··· Provided records ···

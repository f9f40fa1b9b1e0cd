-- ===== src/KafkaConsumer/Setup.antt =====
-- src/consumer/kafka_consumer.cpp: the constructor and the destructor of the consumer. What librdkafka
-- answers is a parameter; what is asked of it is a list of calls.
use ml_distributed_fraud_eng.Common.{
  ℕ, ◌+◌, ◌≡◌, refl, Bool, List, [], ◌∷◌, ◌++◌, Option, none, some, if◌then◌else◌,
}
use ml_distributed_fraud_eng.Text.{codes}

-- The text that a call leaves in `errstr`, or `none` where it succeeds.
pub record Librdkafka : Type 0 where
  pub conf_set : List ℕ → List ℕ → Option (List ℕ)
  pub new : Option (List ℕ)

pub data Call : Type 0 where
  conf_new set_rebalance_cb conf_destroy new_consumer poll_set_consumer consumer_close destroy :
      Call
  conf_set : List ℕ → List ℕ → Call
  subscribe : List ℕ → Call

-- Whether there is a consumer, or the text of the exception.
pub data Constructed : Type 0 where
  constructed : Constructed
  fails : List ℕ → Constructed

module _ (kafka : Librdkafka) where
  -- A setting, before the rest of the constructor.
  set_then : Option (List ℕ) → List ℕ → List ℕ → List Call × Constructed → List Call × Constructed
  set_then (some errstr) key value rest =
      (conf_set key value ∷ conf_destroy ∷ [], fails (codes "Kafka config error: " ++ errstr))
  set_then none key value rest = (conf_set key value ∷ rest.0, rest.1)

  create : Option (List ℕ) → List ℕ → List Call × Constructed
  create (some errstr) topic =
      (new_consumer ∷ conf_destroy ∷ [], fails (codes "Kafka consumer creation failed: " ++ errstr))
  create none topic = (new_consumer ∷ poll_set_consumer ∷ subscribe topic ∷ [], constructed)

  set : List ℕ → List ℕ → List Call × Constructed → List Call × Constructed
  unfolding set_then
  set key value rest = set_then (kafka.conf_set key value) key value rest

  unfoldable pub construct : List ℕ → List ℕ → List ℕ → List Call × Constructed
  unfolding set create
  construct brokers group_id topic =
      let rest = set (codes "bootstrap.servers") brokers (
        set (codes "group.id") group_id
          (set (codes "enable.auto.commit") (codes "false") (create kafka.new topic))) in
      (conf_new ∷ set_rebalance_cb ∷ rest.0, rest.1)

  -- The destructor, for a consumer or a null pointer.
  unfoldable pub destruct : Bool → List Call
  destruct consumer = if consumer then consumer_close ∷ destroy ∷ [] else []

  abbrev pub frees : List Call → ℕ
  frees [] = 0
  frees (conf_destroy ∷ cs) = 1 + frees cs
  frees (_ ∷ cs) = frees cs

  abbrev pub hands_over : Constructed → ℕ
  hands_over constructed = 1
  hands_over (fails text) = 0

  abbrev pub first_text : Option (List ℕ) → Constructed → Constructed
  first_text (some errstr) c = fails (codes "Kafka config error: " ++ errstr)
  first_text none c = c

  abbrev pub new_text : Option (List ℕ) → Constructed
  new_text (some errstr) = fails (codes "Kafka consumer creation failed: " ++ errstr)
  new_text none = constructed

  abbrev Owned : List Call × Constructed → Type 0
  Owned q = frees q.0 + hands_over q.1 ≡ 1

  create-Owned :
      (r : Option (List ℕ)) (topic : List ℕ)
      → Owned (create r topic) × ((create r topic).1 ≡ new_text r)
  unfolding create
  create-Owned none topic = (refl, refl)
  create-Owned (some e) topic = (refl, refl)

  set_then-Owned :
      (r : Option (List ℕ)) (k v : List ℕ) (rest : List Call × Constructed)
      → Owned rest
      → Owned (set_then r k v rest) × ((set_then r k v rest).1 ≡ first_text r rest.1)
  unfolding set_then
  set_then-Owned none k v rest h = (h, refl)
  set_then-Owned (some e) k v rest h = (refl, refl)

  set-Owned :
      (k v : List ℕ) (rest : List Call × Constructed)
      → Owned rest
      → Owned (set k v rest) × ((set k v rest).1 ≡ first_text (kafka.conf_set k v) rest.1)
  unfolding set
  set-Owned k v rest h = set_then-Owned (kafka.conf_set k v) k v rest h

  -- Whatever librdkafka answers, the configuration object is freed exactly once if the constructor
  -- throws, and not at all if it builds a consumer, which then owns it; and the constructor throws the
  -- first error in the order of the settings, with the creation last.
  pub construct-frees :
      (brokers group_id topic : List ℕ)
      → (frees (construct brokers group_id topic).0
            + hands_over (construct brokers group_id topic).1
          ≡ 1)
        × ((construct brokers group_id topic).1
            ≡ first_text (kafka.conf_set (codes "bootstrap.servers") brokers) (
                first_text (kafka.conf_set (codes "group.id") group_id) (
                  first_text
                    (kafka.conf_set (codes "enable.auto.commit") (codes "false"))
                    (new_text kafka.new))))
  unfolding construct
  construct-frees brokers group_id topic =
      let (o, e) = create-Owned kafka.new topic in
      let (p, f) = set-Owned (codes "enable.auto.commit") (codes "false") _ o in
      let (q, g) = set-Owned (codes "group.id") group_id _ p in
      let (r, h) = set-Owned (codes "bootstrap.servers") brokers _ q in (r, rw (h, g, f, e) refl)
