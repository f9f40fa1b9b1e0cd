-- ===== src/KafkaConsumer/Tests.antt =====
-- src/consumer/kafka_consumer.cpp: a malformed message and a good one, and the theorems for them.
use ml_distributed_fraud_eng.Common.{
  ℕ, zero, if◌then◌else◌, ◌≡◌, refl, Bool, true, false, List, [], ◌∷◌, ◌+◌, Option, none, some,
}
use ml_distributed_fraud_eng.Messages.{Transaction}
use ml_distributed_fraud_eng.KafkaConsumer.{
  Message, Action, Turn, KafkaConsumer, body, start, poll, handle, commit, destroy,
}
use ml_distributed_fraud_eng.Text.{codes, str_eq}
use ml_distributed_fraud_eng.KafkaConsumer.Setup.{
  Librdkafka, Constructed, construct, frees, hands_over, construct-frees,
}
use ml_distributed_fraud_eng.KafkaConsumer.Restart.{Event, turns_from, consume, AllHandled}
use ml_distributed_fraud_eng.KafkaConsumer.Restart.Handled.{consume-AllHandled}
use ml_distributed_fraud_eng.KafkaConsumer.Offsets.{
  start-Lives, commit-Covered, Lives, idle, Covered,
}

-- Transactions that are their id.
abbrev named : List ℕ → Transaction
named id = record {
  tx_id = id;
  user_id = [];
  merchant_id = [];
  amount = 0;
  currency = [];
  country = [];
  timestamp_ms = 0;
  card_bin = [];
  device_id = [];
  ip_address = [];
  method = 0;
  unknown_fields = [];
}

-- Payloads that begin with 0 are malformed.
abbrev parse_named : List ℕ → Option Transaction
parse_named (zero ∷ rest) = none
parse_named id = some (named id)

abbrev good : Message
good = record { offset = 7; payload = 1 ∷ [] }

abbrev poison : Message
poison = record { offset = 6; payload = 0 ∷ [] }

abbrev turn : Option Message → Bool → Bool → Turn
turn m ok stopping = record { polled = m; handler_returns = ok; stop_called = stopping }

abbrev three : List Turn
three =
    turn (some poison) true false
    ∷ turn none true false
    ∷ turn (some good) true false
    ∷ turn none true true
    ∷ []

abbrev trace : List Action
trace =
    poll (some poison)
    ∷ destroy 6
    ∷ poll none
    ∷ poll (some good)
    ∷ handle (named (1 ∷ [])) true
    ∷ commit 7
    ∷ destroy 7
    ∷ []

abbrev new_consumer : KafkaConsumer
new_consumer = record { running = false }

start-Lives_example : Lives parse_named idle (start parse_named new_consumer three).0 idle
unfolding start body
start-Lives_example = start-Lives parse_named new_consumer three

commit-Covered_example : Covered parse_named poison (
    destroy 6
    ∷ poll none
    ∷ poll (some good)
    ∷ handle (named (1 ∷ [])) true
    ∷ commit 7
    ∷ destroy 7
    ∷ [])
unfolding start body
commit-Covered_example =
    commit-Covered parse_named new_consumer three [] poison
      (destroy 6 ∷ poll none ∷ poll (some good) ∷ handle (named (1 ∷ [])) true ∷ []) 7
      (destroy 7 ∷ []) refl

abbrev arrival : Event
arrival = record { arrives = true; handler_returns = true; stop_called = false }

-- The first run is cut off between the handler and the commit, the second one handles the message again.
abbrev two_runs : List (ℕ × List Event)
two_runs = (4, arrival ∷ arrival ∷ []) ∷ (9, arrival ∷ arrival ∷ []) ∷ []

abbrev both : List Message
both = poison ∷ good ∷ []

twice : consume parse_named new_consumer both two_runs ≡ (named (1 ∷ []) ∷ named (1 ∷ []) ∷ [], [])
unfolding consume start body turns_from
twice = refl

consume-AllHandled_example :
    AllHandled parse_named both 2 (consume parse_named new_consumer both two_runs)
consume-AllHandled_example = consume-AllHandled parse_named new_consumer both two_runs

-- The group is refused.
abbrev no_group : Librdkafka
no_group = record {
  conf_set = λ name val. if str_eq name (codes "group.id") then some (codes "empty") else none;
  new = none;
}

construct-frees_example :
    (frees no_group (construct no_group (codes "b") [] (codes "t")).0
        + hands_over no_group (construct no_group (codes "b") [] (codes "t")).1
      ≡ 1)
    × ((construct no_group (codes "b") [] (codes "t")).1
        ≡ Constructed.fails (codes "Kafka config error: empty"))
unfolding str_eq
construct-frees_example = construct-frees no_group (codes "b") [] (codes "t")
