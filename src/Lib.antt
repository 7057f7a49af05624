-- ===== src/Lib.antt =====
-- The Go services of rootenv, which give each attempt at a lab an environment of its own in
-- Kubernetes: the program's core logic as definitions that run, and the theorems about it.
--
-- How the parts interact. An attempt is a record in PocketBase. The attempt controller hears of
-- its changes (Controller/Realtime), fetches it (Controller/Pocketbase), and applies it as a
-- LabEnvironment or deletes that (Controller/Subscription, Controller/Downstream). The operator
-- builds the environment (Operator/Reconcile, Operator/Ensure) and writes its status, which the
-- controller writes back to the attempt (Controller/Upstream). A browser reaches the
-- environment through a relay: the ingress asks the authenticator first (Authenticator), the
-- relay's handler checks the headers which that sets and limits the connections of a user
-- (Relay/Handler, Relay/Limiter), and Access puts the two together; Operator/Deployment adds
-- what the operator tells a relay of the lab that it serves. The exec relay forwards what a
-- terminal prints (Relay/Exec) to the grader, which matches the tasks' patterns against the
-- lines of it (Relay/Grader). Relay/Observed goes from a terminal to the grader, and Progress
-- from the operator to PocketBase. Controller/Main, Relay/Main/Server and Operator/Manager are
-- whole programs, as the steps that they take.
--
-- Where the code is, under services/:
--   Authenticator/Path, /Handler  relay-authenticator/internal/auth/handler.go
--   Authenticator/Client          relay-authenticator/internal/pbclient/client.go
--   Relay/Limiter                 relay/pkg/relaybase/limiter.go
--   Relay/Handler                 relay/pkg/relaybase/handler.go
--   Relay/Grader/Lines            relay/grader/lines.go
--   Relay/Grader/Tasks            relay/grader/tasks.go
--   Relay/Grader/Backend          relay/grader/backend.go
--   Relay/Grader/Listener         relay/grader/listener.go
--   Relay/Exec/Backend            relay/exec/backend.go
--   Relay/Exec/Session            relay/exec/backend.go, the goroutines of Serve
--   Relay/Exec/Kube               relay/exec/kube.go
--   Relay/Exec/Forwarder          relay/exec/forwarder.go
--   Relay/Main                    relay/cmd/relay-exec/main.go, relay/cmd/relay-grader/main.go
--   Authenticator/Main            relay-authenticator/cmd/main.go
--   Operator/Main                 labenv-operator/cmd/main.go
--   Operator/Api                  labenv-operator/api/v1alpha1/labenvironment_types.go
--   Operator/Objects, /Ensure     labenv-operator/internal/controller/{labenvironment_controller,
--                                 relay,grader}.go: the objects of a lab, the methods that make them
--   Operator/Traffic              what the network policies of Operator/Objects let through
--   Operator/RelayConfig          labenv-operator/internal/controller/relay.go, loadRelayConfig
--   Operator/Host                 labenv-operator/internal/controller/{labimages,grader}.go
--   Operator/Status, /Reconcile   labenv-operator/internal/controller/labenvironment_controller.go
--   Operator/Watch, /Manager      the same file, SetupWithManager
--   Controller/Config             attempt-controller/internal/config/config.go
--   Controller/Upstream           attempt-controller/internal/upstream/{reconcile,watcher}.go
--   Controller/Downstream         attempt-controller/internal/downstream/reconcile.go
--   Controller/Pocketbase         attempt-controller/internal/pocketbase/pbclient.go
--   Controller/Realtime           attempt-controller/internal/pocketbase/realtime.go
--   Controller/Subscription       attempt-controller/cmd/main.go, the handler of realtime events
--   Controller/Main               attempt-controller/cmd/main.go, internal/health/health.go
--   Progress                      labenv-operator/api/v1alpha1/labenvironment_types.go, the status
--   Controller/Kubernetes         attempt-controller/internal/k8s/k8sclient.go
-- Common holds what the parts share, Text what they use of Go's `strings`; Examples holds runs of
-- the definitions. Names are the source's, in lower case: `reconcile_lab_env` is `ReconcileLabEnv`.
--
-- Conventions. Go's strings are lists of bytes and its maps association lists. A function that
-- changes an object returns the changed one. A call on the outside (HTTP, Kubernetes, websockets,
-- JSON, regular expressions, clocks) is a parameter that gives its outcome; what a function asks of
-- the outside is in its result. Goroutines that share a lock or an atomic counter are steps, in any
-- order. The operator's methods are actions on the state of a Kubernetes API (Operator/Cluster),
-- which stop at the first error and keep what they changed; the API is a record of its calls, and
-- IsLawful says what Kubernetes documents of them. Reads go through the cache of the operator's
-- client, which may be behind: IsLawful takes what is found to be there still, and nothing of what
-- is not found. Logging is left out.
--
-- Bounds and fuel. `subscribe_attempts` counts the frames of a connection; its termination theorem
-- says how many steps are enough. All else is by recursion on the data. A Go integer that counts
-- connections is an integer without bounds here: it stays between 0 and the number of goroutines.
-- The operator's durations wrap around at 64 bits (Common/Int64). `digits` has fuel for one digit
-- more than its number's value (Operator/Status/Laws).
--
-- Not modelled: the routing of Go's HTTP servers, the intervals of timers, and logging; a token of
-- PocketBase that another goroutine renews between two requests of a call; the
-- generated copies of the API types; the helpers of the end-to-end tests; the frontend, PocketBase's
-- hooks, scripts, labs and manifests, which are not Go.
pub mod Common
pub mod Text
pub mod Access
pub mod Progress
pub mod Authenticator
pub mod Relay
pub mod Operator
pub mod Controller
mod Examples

···

Task goal:
Figure out the number of lines above in which the string "Access" appears. Only the number should be given.

Worked solution:
2